2.3 Functional Units
A description of the individual functional units is contained in the sections which follow and starts at the top of the first sheet of the schematics.
2.3.1 Booth Encoder
The Booth encoder consists of a register to hold the d1 operand and a section of logic to encode the bit groupings to generate the pos/neg signal, the zero signal, and the times 2 signal. Booth encoding looks at 3 bits at a time (one being the overlap between bit pairs) and since the d1 operand is right shifted four bits every cycle, the overlap bit between nibbles is stored in a separate register.
2.3.2 A-Register
This is used to store the multiplicand which will be shifted. In the case of "doingLower," this value is left shifted by four bits every cycle as the multiply progresses. No movement takes place if "doingUpper." Overflow logic would need to interrogate the four bits which are left shifted out of the A-Register (and also the sign of the result). Sign extension is performed on the most significant side of this register.
2.3.3 Shifter
Bi-directional shifting is performed by this unit. When "doingLower," the partial products are left shifted while they are right shifted when "doingUpper."
2.3.4 Adders and Product Registers
The summing of the generated and stored partial products takes place in this section. Two full adders (Carry Save Adders) and a half adder to perform all of the necessary magic. It should be clear why the 2 CSAs are required (takes 4 products down to 2) but may be less clear on what the half adder is doing. During "doingLower," the products are simply recirculated each cycle. This is different while "doingUpper." Then it is necessary to right shift the stored products by four bits every cycle before accumulating with the new partial products. Since information is being shifted off of the right side, these bits must be checked to determine if they will contribute to the overall result. Any necessary adjustment is made possible by the half adder.

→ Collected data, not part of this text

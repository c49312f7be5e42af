-- ===== src/Hex/Payload/Table.antt =====
-- No line of the table is lost.
use binutils_mcs.Base.{
  ℕ, ◌+◌, ◌≡◌, List, [], ◌∷◌, arith, if◌then◌else◌, ok, >>=-eq-ok, Bool-cases, inl, inr, map,
}
use binutils_mcs.Base.Text.{Text, strip}
use binutils_mcs.Hex.Payload.{Entry, is_skipped, read_line, read_from, read_table}

-- The numbers of the lines that are neither blank nor a comment.
abbrev pub kept : ℕ → List Text → List ℕ
kept n [] = []
kept n (line ∷ lines) =
    if is_skipped (strip line) then kept (n + 1) lines else n ∷ kept (n + 1) lines

pub read_line-line : (n : ℕ) (line : Text) {e : Entry} → read_line n line ≡ ok e → e.line ≡ n
unfolding read_line
read_line-line n line h = ground arith

read_from-kept :
    (n : ℕ) (lines : List Text) {es : List Entry}
    → read_from n lines ≡ ok es
    → map (λ (e : Entry). e.line) es ≡ kept n lines
unfolding read_from
read_from-kept n [] {es} h = ground arith
read_from-kept n (line ∷ lines) {es} h = elim (Bool-cases (is_skipped (strip line))) [
  | inl skip ↦ rw skip (read_from-kept (n + 1) lines (rw (skip, read_from) at h))
  | inr keep ↦
      let (e, one, later) = >>=-eq-ok (read_line n (strip line)) _ (rw (keep, read_from) at h) in
      let (rest, more, same) = >>=-eq-ok (read_from (n + 1) lines) _ later in
      rw keep (cc (same, read_line-line n (strip line) one, read_from-kept (n + 1) lines more))
]

-- A table that is read has one entry for each line that is neither blank nor a comment, in order:
-- no damaged line makes it shorter.
pub read_table-kept :
    (lines : List Text) {es : List Entry}
    → read_table lines ≡ ok es
    → map (λ (e : Entry). e.line) es ≡ kept 1 lines
read_table-kept lines h = read_from-kept 1 lines h
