-- ===== src/Corpus/Stages/Pass.antt =====
-- What a table has that passes the stages of tb/isa_check.py.
use binutils_mcs.Base.{
  append-nil_both, ℕ, ◌+◌, ◌≤◌, ◌<◌, ◌≡◌, ◌∙◌, false, some, List, [], ◌∷◌, arith, ok, err,
  >>=-eq-ok, All, Bool-cases, Option-cases, Result-cases, inl, inr,
}
use binutils_mcs.Base.Bytes.{Bytes, equal_iff}
use binutils_mcs.Base.Text.{Text}
use binutils_mcs.Hex.Payload.{Entry}
use binutils_mcs.Corpus.Disasm.{Insn, assemble, decodes}
use binutils_mcs.Corpus.Branch.{mismatch, resyntax}
use binutils_mcs.Corpus.Stages.{
  Bad, Decoded, find, compare_bytes, assemble_stage, decode_stage, close_round,
}

-- The lines of the entries ascend from `n` on, as those of a table that was read do.
abbrev pub Ascending : ℕ → List Entry → Type 0
Ascending n [] = Unit
Ascending n (e ∷ es) = (n ≤ e.line) × Ascending (e.line + 1) es

module _ (as_new : Text → ℕ × (Text × Bytes)) (objcopy : Bytes → ℕ × (Text × Bytes))
    (objdump : Bytes → ℕ × (Text × Text)) where
  -- The assembler makes the golden bytes of the source.
  abbrev pub Assembles : Entry → Type 0
  Assembles e = assemble as_new objcopy objdump e.source ≡ ok e.want

  -- The golden bytes are decoded to an instruction.
  abbrev pub Decodes : Entry → Type 0
  Decodes e = (i : Insn) × (decodes as_new objcopy objdump e.want ≡ ok (ok i))

  -- What is printed for a branch agrees with itself, and assembles to the golden bytes.
  abbrev pub ClosesWith : Entry → Insn → Type 0
  ClosesWith e i =
      (mismatch i.text i.comment ≡ false)
      × (back : Text) × (resyntax i.text i.comment ≡ some back)
      × (assemble as_new objcopy objdump back ≡ ok e.want)

  abbrev pub Closes : Entry → Type 0
  Closes e = (i : Insn) × (decodes as_new objcopy objdump e.want ≡ ok (ok i)) × ClosesWith e i

  pub compare_bytes-nil :
      (e : Entry) (source : Text)
      → compare_bytes as_new objcopy objdump e source ≡ []
      → assemble as_new objcopy objdump source ≡ ok e.want
  unfolding compare_bytes
  compare_bytes-nil e source h = elim (Result-cases (assemble as_new objcopy objdump source)) [
    | inl (got, is) ↦ ground (arith, is, equal_iff got e.want)
    | inr (why, is) ↦ ground (arith, is)
  ]

  pub assemble_stage-nil :
      (es : List Entry) → assemble_stage as_new objcopy objdump es ≡ [] → All Assembles es
  unfolding assemble_stage
  assemble_stage-nil [] h = tt
  assemble_stage-nil (e ∷ es) h =
      let (one, more) = append-nil_both (compare_bytes as_new objcopy objdump e e.source) _ h in
      (compare_bytes-nil e e.source one, assemble_stage-nil es more)

  pub close_round-nil :
      (e : Entry) (i : Insn) → close_round as_new objcopy objdump e i ≡ [] → ClosesWith e i
  unfolding close_round
  close_round-nil e i h = elim (Bool-cases (mismatch i.text i.comment)) [
    | inl differs ↦ cc (rw (differs, close_round) at h)
    | inr agrees ↦ elim (Option-cases (resyntax i.text i.comment)) [
      | inl nothing ↦ cc (rw (agrees, nothing, close_round) at h)
      | inr (back, is) ↦
          (agrees, back, is, compare_bytes-nil e back (rw (agrees, is, close_round) at h))
    ]
  ]

  -- An entry that is decoded, with its instruction in the dictionary.
  abbrev pub Found : Decoded → Entry → Type 0
  Found dec e =
      (i : Insn) × (decodes as_new objcopy objdump e.want ≡ ok (ok i)) × (find dec e.line ≡ some i)

  -- Later entries do not reach the keys below them.
  decode_stage-find :
      (n : ℕ) (es : List Entry) (dec : Decoded) (k : ℕ) (bad : List Bad) (dec' : Decoded)
      → Ascending n es
      → k < n
      → decode_stage as_new objcopy objdump es dec ≡ ok (bad, dec')
      → find dec' k ≡ find dec k
  unfolding decode_stage find
  decode_stage-find n [] dec k bad dec' up lt h = ground arith
  decode_stage-find n (e ∷ es) dec k bad dec' up lt h =
      elim (Result-cases (decodes as_new objcopy objdump e.want)) [
        | inr (stop, is) ↦ cc (rw (is, decode_stage) at h)
        | inl (ok i, is) ↦
            let later =
              decode_stage-find (e.line + 1) es ((e.line, i) ∷ dec) k bad dec' up.1 (omega arith)
                (rw (is, decode_stage) at h) in
            ground (arith, later)
        | inl (err why, is) ↦
            let (r, more, same) =
              >>=-eq-ok (decode_stage as_new objcopy objdump es dec) _
                (rw (is, decode_stage) at h) in
            let later = decode_stage-find (e.line + 1) es dec k r.0 r.1 up.1 (omega arith) more in
            cc (same, later)
      ]

  pub decode_stage-Found :
      (n : ℕ) (es : List Entry) (dec : Decoded) {dec' : Decoded}
      → Ascending n es
      → decode_stage as_new objcopy objdump es dec ≡ ok ([], dec')
      → All (Found dec') es
  unfolding decode_stage find
  decode_stage-Found n [] dec up h = tt
  decode_stage-Found n (e ∷ es) dec {dec'} up h =
      elim (Result-cases (decodes as_new objcopy objdump e.want)) [
        | inr (stop, is) ↦ cc (rw (is, decode_stage) at h)
        | inl (ok i, is) ↦
            let rest = rw (is, decode_stage) at h in
            (
              (
                i,
                is,
                decode_stage-find (e.line + 1) es ((e.line, i) ∷ dec) e.line [] dec' up.1
                      (omega arith) rest
                    ∙ ground arith,
              ),
              decode_stage-Found (e.line + 1) es ((e.line, i) ∷ dec) up.1 rest,
            )
        | inl (err why, is) ↦
            let (r, more, same) =
              >>=-eq-ok (decode_stage as_new objcopy objdump es dec) _
                (rw (is, decode_stage) at h) in
            cc same
      ]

2.3.5 Carry Propagate Adder
The two remaining values after all of the partial products are added must be summed with a carry propagate adder to form the final product. This is done by the MAdder. It is a 36 bit adder.
3. Conclusions
A high performance serial multiplier has been designed and simulated at the schematic level. It forms a 40 bit data path (with a bit pitch of 90 microns per bit). No overflow is detected but it should be straightforward as to how to add this feature. The four bits which shift off of the end must be checked to see that while partial products are being generated, all have the same value and are equal to the sign of the original d2 value. In addition, the sign of the final result should be checked to insure against overflow of the final addition.